> **YOUR OBJECTIVE**: Extract the first line through the line containing "runs (literal c ∷ p) [] = false" from the listing below, exactly as written.

----- RECORDED DATA -----

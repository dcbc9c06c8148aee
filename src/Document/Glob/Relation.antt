-- ===== src/Document/Glob/Relation.antt =====
-- What a pattern of the ignore rules means, with no search order and no memo in it, and that the
-- matcher of daemon/src/document/ignore.rs decides it.
use import_lens.Prelude.{
  ℕ, ◌≡◌, ◌≢◌, ◌↔◌, refl, Bool, true, false, ◌||◌, List, [], ◌∷◌, arith, ◌==◌, Bool-cases, inl, inr,
}
use import_lens.Document.Glob.{Bytes, is_empty, glob_matches_exact}
use import_lens.Document.Glob.Memo.{accepts, glob_matches_exact-accepts}

-- `**` is any run of bytes, `*` any run with no slash in it, and every other byte is itself.
pub data Token : Type 0 where
  deep shallow : Token
  literal : ℕ → Token

unfoldable pub tokens : Bytes → List Token
tokens [] = []
tokens (c ∷ []) = elim (c == b'*') [ true ↦ shallow ∷ [] | false ↦ literal c ∷ [] ]
tokens (c ∷ d ∷ pattern) = elim (c == b'*') [
  | true ↦ elim (d == b'*') [
    | true ↦ deep ∷ tokens pattern
    | false ↦ shallow ∷ tokens (d ∷ pattern)
  ]
  | false ↦ literal c ∷ tokens (d ∷ pattern)
]

pub data Matches : List Token → Bytes → Type 0 where
  empty : Matches [] []
  byte :
      {c x : ℕ} {p : List Token} {v : Bytes} → x ≡ c → Matches p v → Matches (literal c ∷ p) (x ∷ v)
  leave_deep : {p : List Token} {v : Bytes} → Matches p v → Matches (deep ∷ p) v
  take_deep :
      {x : ℕ} {p : List Token} {v : Bytes} → Matches (deep ∷ p) v → Matches (deep ∷ p) (x ∷ v)
  leave_shallow : {p : List Token} {v : Bytes} → Matches p v → Matches (shallow ∷ p) v
  take_shallow :
      {x : ℕ} {p : List Token} {v : Bytes}
      → x ≢ b'/'
      → Matches (shallow ∷ p) v
      → Matches (shallow ∷ p) (x ∷ v)

-- Search over tokens, as the relation suggests it.
runs : List Token → Bytes → Bool
runs [] v = is_empty v
runs (literal c ∷ p) [] = false
runs (literal c ∷ p) (x ∷ v) = elim (c == x) [ true ↦ runs p v | false ↦ false ]
runs (deep ∷ p) [] = runs p [] || false
runs (deep ∷ p) (x ∷ v) = runs p (x ∷ v) || runs (deep ∷ p) v
runs (shallow ∷ p) [] = runs p [] || false
runs (shallow ∷ p) (x ∷ v) =
    runs p (x ∷ v) || (elim (x == b'/') [ true ↦ false | false ↦ runs (shallow ∷ p) v ])

accepts-runs : (pattern value : Bytes) → accepts pattern value ≡ runs (tokens pattern) value
unfolding accepts tokens runs
accepts-runs [] v = refl
accepts-runs (c ∷ []) [] = ground (arith, accepts-runs [] [])
accepts-runs (c ∷ []) (x ∷ v) =
    ground (arith, accepts-runs [] (x ∷ v), accepts-runs [] v, accepts-runs (c ∷ []) v)
accepts-runs (c ∷ d ∷ p) [] = ground (arith, accepts-runs p [], accepts-runs (d ∷ p) [])
accepts-runs (c ∷ d ∷ p) (x ∷ v) = ground (
  arith,
  accepts-runs p (x ∷ v),
  accepts-runs (d ∷ p) (x ∷ v),
  accepts-runs (d ∷ p) v,
  accepts-runs (c ∷ d ∷ p) v,
)

runs_sound : (p : List Token) (v : Bytes) → runs p v ≡ true → Matches p v
unfolding runs
runs_sound [] [] h = empty
runs_sound [] (x ∷ v) h = cc
runs_sound (literal c ∷ p) [] h = cc
runs_sound (literal c ∷ p) (x ∷ v) h = byte (ground arith) (runs_sound p v (ground arith))
runs_sound (deep ∷ p) [] h = leave_deep (runs_sound p [] (ground arith))
runs_sound (deep ∷ p) (x ∷ v) h = elim (Bool-cases (runs p (x ∷ v))) [
  | inl e ↦ leave_deep (runs_sound p (x ∷ v) e)
  | inr e ↦ take_deep (runs_sound (deep ∷ p) v (ground arith))
]
runs_sound (shallow ∷ p) [] h = leave_shallow (runs_sound p [] (ground arith))
runs_sound (shallow ∷ p) (x ∷ v) h = elim (Bool-cases (runs p (x ∷ v))) [
  | inl e ↦ leave_shallow (runs_sound p (x ∷ v) e)
  | inr e ↦ take_shallow (ground arith) (runs_sound (shallow ∷ p) v (ground arith))
]

runs_complete : {p : List Token} {v : Bytes} → Matches p v → runs p v ≡ true
unfolding runs
runs_complete empty = refl
runs_complete (byte e d) = ground (arith, runs_complete d)
runs_complete (leave_deep {p = p} {v = []} d) = ground (arith, runs_complete d)
runs_complete (leave_deep {p = p} {v = x ∷ v} d) = ground (arith, runs_complete d)
runs_complete (take_deep d) = ground (arith, runs_complete d)
runs_complete (leave_shallow {p = p} {v = []} d) = ground (arith, runs_complete d)
runs_complete (leave_shallow {p = p} {v = x ∷ v} d) = ground (arith, runs_complete d)
runs_complete (take_shallow n d) = ground (arith, runs_complete d)

-- The matcher answers true exactly for the values that the pattern matches.
pub glob_matches_exact_iff :
    (pattern value : Bytes)
    → (glob_matches_exact pattern value ≡ true) ↔ Matches (tokens pattern) value
glob_matches_exact_iff pattern value =
    rw (glob_matches_exact-accepts, accepts-runs) (runs_sound (tokens pattern) value, runs_complete)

-----

> **ANSWER BOX**:
repository dcbc9c06c8148aee
filename src/Document/Glob/Relation.antt
-- ===== src/Document/Glob/Relation.antt =====
-- What a pattern of the ignore rules means, with no search order and no memo in it, and that the
-- matcher of daemon/src/document/ignore.rs decides it.
use import_lens.Prelude.{
  ℕ, ◌≡◌, ◌≢◌, ◌↔◌, refl, Bool, true, false, ◌||◌, List, [], ◌∷◌, arith, ◌==◌, Bool-cases, inl, inr,
}
use import_lens.Document.Glob.{Bytes, is_empty, glob_matches_exact}
use import_lens.Document.Glob.Memo.{accepts, glob_matches_exact-accepts}

-- `**` is any run of bytes, `*` any run with no slash in it, and every other byte is itself.
pub data Token : Type 0 where
  deep shallow : Token
  literal : ℕ → Token

unfoldable pub tokens : Bytes → List Token
tokens [] = []
tokens (c ∷ []) = elim (c == b'*') [ true ↦ shallow ∷ [] | false ↦ literal c ∷ [] ]
tokens (c ∷ d ∷ pattern) = elim (c == b'*') [
  | true ↦ elim (d == b'*') [
    | true ↦ deep ∷ tokens pattern
    | false ↦ shallow ∷ tokens (d ∷ pattern)
  ]
  | false ↦ literal c ∷ tokens (d ∷ pattern)
]

pub data Matches : List Token → Bytes → Type 0 where
  empty : Matches [] []
  byte :
      {c x : ℕ} {p : List Token} {v : Bytes} → x ≡ c → Matches p v → Matches (literal c ∷ p) (x ∷ v)
  leave_deep : {p : List Token} {v : Bytes} → Matches p v → Matches (deep ∷ p) v
  take_deep :
      {x : ℕ} {p : List Token} {v : Bytes} → Matches (deep ∷ p) v → Matches (deep ∷ p) (x ∷ v)
  leave_shallow : {p : List Token} {v : Bytes} → Matches p v → Matches (shallow ∷ p) v
  take_shallow :
      {x : ℕ} {p : List Token} {v : Bytes}
      → x ≢ b'/'
      → Matches (shallow ∷ p) v
      → Matches (shallow ∷ p) (x ∷ v)

-- Search over tokens, as the relation suggests it.
runs : List Token → Bytes → Bool
runs [] v = is_empty v
runs (literal c ∷ p) [] = false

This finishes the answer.